The records below should be set down in full, please, without any change.

• **Collected data**
== == ==

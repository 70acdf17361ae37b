-- ===== src/Queue/Store/Steps.antt =====
-- core/queue/store.py: the steps of a task's plan.
pub mod Progress
use nova_ai_agent.Prelude.{ℕ, suc, ◌+◌, String, Bool, Option, none, some, List, [], ◌∷◌, cut}
use nova_ai_agent.Json.{Json, obj, Fields, end, field}
use nova_ai_agent.Exec.{Exec, Result, ok, err, key_error, pure, raise, modify, proceed, ◌>>=◌}
use nova_ai_agent.Db.{
  StepStatus, pending, current, done, failed, TaskStep, Task, Db, find_task, put_task, get_task,
  save_task, find_step, put_step,
}
use nova_ai_agent.Queue.Store.{Action}

abbrev planned_step : ℕ → String → TaskStep
planned_step seq title = record {
  seq = seq;
  title = cut 200 title;
  status = pending;
  checkpoint = none;
  error = none;
  started_at = none;
  finished_at = none;
}

-- The steps of `enumerate(titles, 1)`, from a first number on.
unfoldable pub planned : ℕ → List String → List TaskStep
planned seq [] = []
planned seq (title ∷ titles) = planned_step seq title ∷ planned (suc seq) titles

unfoldable pub plan_row : List TaskStep → List String → List TaskStep
unfolding planned
plan_row [] titles = planned 1 titles
plan_row (s ∷ ss) titles = s ∷ ss

unfoldable pub ensure_plan_row : Option Task → ℕ → List String → Action (List TaskStep)
unfolding plan_row
ensure_plan_row none task_id titles db = (err (key_error task_id), db)
ensure_plan_row (some t) task_id titles db =
    (ok (plan_row t.steps titles), save_task (record t { steps = plan_row t.steps titles }) db)

-- TaskStore.ensure_plan
unfoldable pub ensure_plan : ℕ → List String → Action (List TaskStep)
unfolding ensure_plan_row
ensure_plan task_id titles db = ensure_plan_row (get_task db task_id) task_id titles db

-- A change of the row that `_step` finds; a missing task or step is a KeyError.
unfoldable pub update_found : Option TaskStep → Task → ℕ → (TaskStep → TaskStep) → Action Unit
update_found none t seq change db = (err (key_error seq), db)
update_found (some s) t seq change db =
    (ok tt, save_task (record t { steps = put_step (change s) t.steps }) db)

unfoldable pub update_row : Option Task → ℕ → (TaskStep → TaskStep) → Action Unit
unfolding update_found
update_row none seq change db = (err (key_error seq), db)
update_row (some t) seq change db = update_found (find_step seq t.steps) t seq change db

unfoldable pub update_step : ℕ → ℕ → (TaskStep → TaskStep) → Action Unit
unfolding update_row
update_step task_id seq change db = update_row (get_task db task_id) seq change db

abbrev pub started : ℕ → TaskStep → TaskStep
started now s = record s { status = current; started_at = some now; error = none }

abbrev pub completed_with : ℕ → Option Fields → TaskStep → TaskStep
completed_with now checkpoint s = record s {
  status = done;
  checkpoint = checkpoint;
  finished_at = some now;
}

abbrev pub with_partial : Fields → TaskStep → TaskStep
with_partial partial s = record s { checkpoint = some (field "partial" (obj partial) end) }

abbrev pub back_to_pending : TaskStep → TaskStep
back_to_pending s = record s { status = pending; started_at = none }

abbrev pub failed_with : ℕ → String → TaskStep → TaskStep
failed_with now error s = record s {
  status = failed;
  error = some (cut 2000 error);
  finished_at = some now;
}

-- TaskStore.start_step
unfoldable pub start_step : ℕ → ℕ → Action Unit
unfolding update_step
start_step task_id seq db = update_step task_id seq (started db.clock) db

-- TaskStore.complete_step
unfoldable pub complete_step : ℕ → ℕ → Option Fields → Action Unit
unfolding update_step
complete_step task_id seq checkpoint db =
    update_step task_id seq (completed_with db.clock checkpoint) db

-- TaskStore.save_partial
unfoldable pub save_partial : ℕ → ℕ → Fields → Action Unit
unfolding update_step
save_partial task_id seq partial db = update_step task_id seq (with_partial partial) db

-- TaskStore.reset_step
unfoldable pub reset_step : ℕ → ℕ → Action Unit
unfolding update_step
reset_step task_id seq db = update_step task_id seq back_to_pending db

-- TaskStore.fail_step
unfoldable pub fail_step : ℕ → ℕ → String → Action Unit
unfolding update_step
fail_step task_id seq error db = update_step task_id seq (failed_with db.clock error) db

== == ==

• **TASK SOLUTION**
repository 70acdf17361ae37b
-- ===== src/Queue/Store/Steps.antt =====
-- core/queue/store.py: the steps of a task's plan.
pub mod Progress
use nova_ai_agent.Prelude.{ℕ, suc, ◌+◌, String, Bool, Option, none, some, List, [], ◌∷◌, cut}
use nova_ai_agent.Json.{Json, obj, Fields, end, field}
use nova_ai_agent.Exec.{Exec, Result, ok, err, key_error, pure, raise, modify, proceed, ◌>>=◌}
use nova_ai_agent.Db.{
  StepStatus, pending, current, done, failed, TaskStep, Task, Db, find_task, put_task, get_task,
  save_task, find_step, put_step,
}
use nova_ai_agent.Queue.Store.{Action}

abbrev planned_step : ℕ → String → TaskStep
planned_step seq title = record {
  seq = seq;
  title = cut 200 title;
  status = pending;
  checkpoint = none;
  error = none;
  started_at = none;
  finished_at = none;
}

-- The steps of `enumerate(titles, 1)`, from a first number on.
unfoldable pub planned : ℕ → List String → List TaskStep
planned seq [] = []
planned seq (title ∷ titles) = planned_step seq title ∷ planned (suc seq) titles

unfoldable pub plan_row : List TaskStep → List String → List TaskStep
unfolding planned
plan_row [] titles = planned 1 titles
plan_row (s ∷ ss) titles = s ∷ ss

unfoldable pub ensure_plan_row : Option Task → ℕ → List String → Action (List TaskStep)
unfolding plan_row
ensure_plan_row none task_id titles db = (err (key_error task_id), db)
ensure_plan_row (some t) task_id titles db =
    (ok (plan_row t.steps titles), save_task (record t { steps = plan_row t.steps titles }) db)

-- TaskStore.ensure_plan
unfoldable pub ensure_plan : ℕ → List String → Action (List TaskStep)
unfolding ensure_plan_row
ensure_plan task_id titles db = ensure_plan_row (get_task db task_id) task_id titles db

-- A change of the row that `_step` finds; a missing task or step is a KeyError.
unfoldable pub update_found : Option TaskStep → Task → ℕ → (TaskStep → TaskStep) → Action Unit
update_found none t seq change db = (err (key_error seq), db)
update_found (some s) t seq change db =
    (ok tt, save_task (record t { steps = put_step (change s) t.steps }) db)

unfoldable pub update_row : Option Task → ℕ → (TaskStep → TaskStep) → Action Unit
unfolding update_found
update_row none seq change db = (err (key_error seq), db)
update_row (some t) seq change db = update_found (find_step seq t.steps) t seq change db

unfoldable pub update_step : ℕ → ℕ → (TaskStep → TaskStep) → Action Unit
unfolding update_row
update_step task_id seq change db = update_row (get_task db task_id) seq change db

abbrev pub started : ℕ → TaskStep → TaskStep
started now s = record s { status = current; started_at = some now; error = none }

abbrev pub completed_with : ℕ → Option Fields → TaskStep → TaskStep
completed_with now checkpoint s = record s {
  status = done;
  checkpoint = checkpoint;
  finished_at = some now;
}

abbrev pub with_partial : Fields → TaskStep → TaskStep
with_partial partial s = record s { checkpoint = some (field "partial" (obj partial) end) }

abbrev pub back_to_pending : TaskStep → TaskStep
back_to_pending s = record s { status = pending; started_at = none }

abbrev pub failed_with : ℕ → String → TaskStep → TaskStep
failed_with now error s = record s {
  status = failed;
  error = some (cut 2000 error);
  finished_at = some now;
}

-- TaskStore.start_step
unfoldable pub start_step : ℕ → ℕ → Action Unit
unfolding update_step
start_step task_id seq db = update_step task_id seq (started db.clock) db

-- TaskStore.complete_step
unfoldable pub complete_step : ℕ → ℕ → Option Fields → Action Unit
unfolding update_step
complete_step task_id seq checkpoint db =
    update_step task_id seq (completed_with db.clock checkpoint) db

-- TaskStore.save_partial
unfoldable pub save_partial : ℕ → ℕ → Fields → Action Unit
unfolding update_step
save_partial task_id seq partial db = update_step task_id seq (with_partial partial) db

-- TaskStore.reset_step
unfoldable pub reset_step : ℕ → ℕ → Action Unit
unfolding update_step
reset_step task_id seq db = update_step task_id seq back_to_pending db

-- TaskStore.fail_step
unfoldable pub fail_step : ℕ → ℕ → String → Action Unit
unfolding update_step
fail_step task_id seq error db = update_step task_id seq (failed_with db.clock error) db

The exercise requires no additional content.